Purpose: To present an implementation of generalized cross validation (GCV) for automatically determining the regularization parameter--i.e., the threshold value in deconvolution analysis based on truncated singular value decomposition (TSVD) of dynamic contrast-enhanced magnetic resonance imaging (DCE-MRI) data--and to investigate the usefulness of this approach in comparison with TSVD with a fixed threshold value (TSVD-F).

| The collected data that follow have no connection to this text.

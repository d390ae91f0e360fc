-- ===== src/Init/Tables/Saved.antt =====
-- A table that is saved and loaded again.
use native.Mathlib.Nat.{pow-suc, mod-eq_of_lt}
use axiom_evi_apps.Prelude.{
  ℕ, zero, suc, ◌+◌, ◌/◌, ◌%◌, ◌^◌, ◌≤◌, ◌<◌, ◌≡◌, refl, sym, arith, ap, ◌∙◌, true, false, List, [],
  ◌∷◌, some, ltb, ◌==◌, done, undefined, Bool-cases, inl, inr,
}
use axiom_evi_apps.Init.Session.{ctz}
use axiom_evi_apps.Init.Tables.{
  Line, number, update, shifted, read_lines, axiom_rt_from_file, write_lines, axiom_rt_to_file,
}

pow_pos : (k : ℕ) → 0 < 2 ^ k
pow_pos zero = omega arith
pow_pos (suc k) = omega (arith, pow-suc 2 k, pow_pos k)

pow-lt : (k n : ℕ) → k < n → 2 ^ k < 2 ^ n
pow-lt k zero lt = absurd (omega arith)
pow-lt zero (suc n) lt = omega (arith, pow-suc 2 n, pow_pos n)
pow-lt (suc k) (suc n) lt = omega (arith, pow-suc 2 k, pow-suc 2 n, pow-lt k n (omega arith))

ctz-pow : (w k : ℕ) → k < w → ctz w (2 ^ k) ≡ k
unfolding ctz
ctz-pow zero k lt = absurd (omega arith)
ctz-pow (suc w) zero lt = refl
ctz-pow (suc w) (suc k) lt =
    let half : 2 ^ suc k / 2 ≡ 2 ^ k = omega (arith, pow-suc 2 k) in
    let even : (2 ^ suc k % 2 == 1) ≡ false = ground (arith, pow-suc 2 k) in
    rw (even, half, ctz-pow w k (omega arith)) (omega arith)

-- The lines of the entries from `nid` on.
lines_from : (ℕ → ℕ) → ℕ → ℕ → List Line
lines_from bit zero nid = []
lines_from bit (suc left) nid = number (bit nid) ∷ lines_from bit left (nid + 1)

write_lines_lem :
    (table bit : ℕ → ℕ) (left nid : ℕ)
    → ((k : ℕ) → nid ≤ k → k < nid + left → (bit k < 8) × (table k ≡ 2 ^ bit k))
    → write_lines table left nid ≡ done (lines_from bit left nid)
unfolding write_lines lines_from
write_lines_lem table bit zero nid one = refl
write_lines_lem table bit (suc left) nid one =
    let (small, is) = one nid (omega arith) (omega arith) in
    let some_bit : (table nid == 0) ≡ false = ground (arith, is, pow_pos (bit nid)) in
    let line : ctz 64 (table nid) ≡ bit nid = ap (ctz 64) is ∙ ctz-pow 64 (bit nid) (omega arith) in
    let rest =
      write_lines_lem table bit left (nid + 1) (λ k ge lt. one k (omega arith) (omega arith)) in
    rw (some_bit, rest, line) refl

shifted_small : (k : ℕ) → k < 8 → shifted (number k) ≡ done (2 ^ k)
unfolding shifted
shifted_small k lt =
    let few : ltb k 32 ≡ true = ground arith in
    let exact : 2 ^ k % 2 ^ 8 ≡ 2 ^ k = mod-eq_of_lt (pow-lt k 8 lt) in rw (few, exact) refl

read_lines_lem :
    (n : ℕ) (table bit : ℕ → ℕ) (left nid : ℕ) (before : ℕ → ℕ)
    → ((k : ℕ) → nid ≤ k → k < nid + left → (bit k < 8) × (table k ≡ 2 ^ bit k))
    → nid + left ≤ n
    → (out : ℕ → ℕ) × (read_lines n (lines_from bit left nid) nid before ≡ done (some out))
      × ((k : ℕ) → k < nid → out k ≡ before k)
      × ((k : ℕ) → nid ≤ k → k < nid + left → out k ≡ table k)
unfolding read_lines lines_from
read_lines_lem n table bit zero nid before one fits =
    (before, refl, λ k lt. refl, λ k ge lt. absurd (omega arith))
read_lines_lem n table bit (suc left) nid before one fits =
    let (small, is) = one nid (omega arith) (omega arith) in
    let room : ltb nid n ≡ true = ground arith in
    let v = 2 ^ bit nid in
    let (out, reads, kept, set) =
      read_lines_lem n table bit left (nid + 1) (update before nid v)
        (λ k ge lt. one k (omega arith) (omega arith)) (omega arith) in
    (
      out,
      rw (room, shifted_small (bit nid) small) reads,
      λ k lt. kept k (omega arith) ∙ ground arith,
      λ k ge lt. elim (Bool-cases (k == nid)) [
        | inl now ↦
            let at : k ≡ nid = ground arith in
            kept k (omega arith) ∙ (rw now (sym is)) ∙ ap table (sym at)
        | inr later ↦ set k (ground arith) (omega arith)
      ],
    )

-- A table of n entries, each of them one interface of the eight: it is saved, and the file that it is
-- saved in gives the same entries back.
pub axiom_rt_from_file-axiom_rt_to_file :
    (n : ℕ) (table bit : ℕ → ℕ)
    → ((k : ℕ) → k < n → (bit k < 8) × (table k ≡ 2 ^ bit k))
    → (ls : List Line) × (out : ℕ → ℕ) × (axiom_rt_to_file n true table ≡ done (some ls))
      × (axiom_rt_from_file n (some ls) ≡ done (some out))
      × ((k : ℕ) → k < n → out k ≡ table k)
unfolding axiom_rt_to_file axiom_rt_from_file
axiom_rt_from_file-axiom_rt_to_file n table bit one =
    let (out, reads, kept, set) =
      read_lines_lem n table bit n 0 (λ k. 0) (λ k ge lt. one k (omega arith)) (omega arith) in
    (
      lines_from bit n 0,
      out,
      rw (write_lines_lem table bit n 0 (λ k ge lt. one k (omega arith))) refl,
      reads,
      λ k lt. set k (omega arith) (omega arith),
    )

write_lines-undefined :
    (table : ℕ → ℕ) (left nid k : ℕ)
    → nid ≤ k
    → k < nid + left
    → table k ≡ 0
    → write_lines table left nid ≡ undefined
unfolding write_lines
write_lines-undefined table zero nid k ge lt e = absurd (omega arith)
write_lines-undefined table (suc left) nid k ge lt e = elim (Bool-cases (nid == k)) [
  | inl now ↦
      let at : nid ≡ k = ground arith in
      let none_there : (table nid == 0) ≡ true = ground (arith, ap table at, e) in
      rw none_there refl
  | inr later ↦
      let rest = write_lines-undefined table left (nid + 1) k (ground arith) (omega arith) e in
      elim (Bool-cases (table nid == 0)) [
        | inl gone ↦ rw gone refl
        | inr there ↦ rw (there, rest) refl
      ]
]

-- A table with a node that has no entry, as in every network of less than AXIOM_NODES_NUM nodes: to
-- save it is undefined, since the trailing zeros of 0 are counted.
pub axiom_rt_to_file-undefined :
    (n : ℕ) (table : ℕ → ℕ) (k : ℕ)
    → k < n
    → table k ≡ 0
    → axiom_rt_to_file n true table ≡ undefined
unfolding axiom_rt_to_file
axiom_rt_to_file-undefined n table k lt e =
    rw (write_lines-undefined table n 0 k (omega arith) (omega arith) e) refl
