-- ===== src/Init/Tables/Tests.antt =====
-- Files of routing tables.
use axiom_evi_apps.Prelude.{
  ℕ, zero, suc, ◌^◌, ◌<◌, ◌≡◌, refl, arith, true, false, List, [], ◌∷◌, some, ltb, done, undefined,
  if◌then◌else◌,
}
use axiom_evi_apps.Init.Tables.{
  Line, negative, axiom_rt_from_file, read_lines, shifted, axiom_rt_to_file,
}
use axiom_evi_apps.Init.Tables.Saved.{
  axiom_rt_from_file-axiom_rt_to_file, axiom_rt_to_file-undefined,
}

-- Interface 3 to the first two nodes, 0 to the others.
abbrev table : ℕ → ℕ
table k = if ltb k 2 then 8 else 1

abbrev bit : ℕ → ℕ
bit k = if ltb k 2 then 3 else 0

one_bit : (k : ℕ) → k < 4 → (bit k < 8) × (table k ≡ 2 ^ bit k)
one_bit zero lt = (omega arith, refl)
one_bit (suc zero) lt = (omega arith, refl)
one_bit (suc (suc k)) lt =
    let late : ltb (suc (suc k)) 2 ≡ false = ground arith in (rw late (omega arith), rw late refl)

axiom_rt_from_file-axiom_rt_to_file_example :
    (ls : List Line) × (out : ℕ → ℕ) × (axiom_rt_to_file 4 true table ≡ done (some ls))
    × (axiom_rt_from_file 4 (some ls) ≡ done (some out))
    × ((k : ℕ) → k < 4 → out k ≡ table k)
axiom_rt_from_file-axiom_rt_to_file_example =
    axiom_rt_from_file-axiom_rt_to_file 4 table bit one_bit

unsaved : axiom_rt_to_file 4 true (λ k. k) ≡ undefined
unsaved = axiom_rt_to_file-undefined 4 (λ k. k) 0 (omega arith) refl

-- The test of the range lets every number through.
out_of_range : axiom_rt_from_file 4 (some (negative ∷ [])) ≡ undefined
unfolding axiom_rt_from_file read_lines shifted
out_of_range = refl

Methods: Using computer simulations, we generated a time-dependent concentration of the contrast agent in the volume of interest (VOI) from the arterial input function (AIF) modeled as a gamma-variate function under various cerebral blood flows (CBFs), cerebral blood volumes (CBVs), and signal-to-noise ratios (SNRs) for three different types of residue functions (exponential, triangular, and box-shaped). We also considered the effects of delay and dispersion in AIF. The TSVD with GCV (TSVD-G) and TSVD-F with a fixed threshold value of 0.2 were used to estimate CBF values from the simulated concentration-time curves in the VOI and AIF, and the estimated values were compared with the assumed values. Additionally, the optimal threshold value was determined from the threshold value in TSVD-F giving the mean CBF value closest to the assumed value and was compared with the threshold value determined with TSVD-G.
Results: With TSVD-G, the CBF estimation was substantially improved over a wide range of CBFs for all types of residue functions at the cost of more noise than was seen with TSVD-F. The dependency of the threshold value determined with TSVD-G on the CBF, CBV, and SNR was similar to that of the optimal threshold value, with some discrepancy being observed for the box-shaped residue function, although they did not always agree in terms of absolute value.
Conclusion: Given an improved SNR, TSVD-G is useful for quantification of CBF with deconvolution analysis of DCE-MRI data.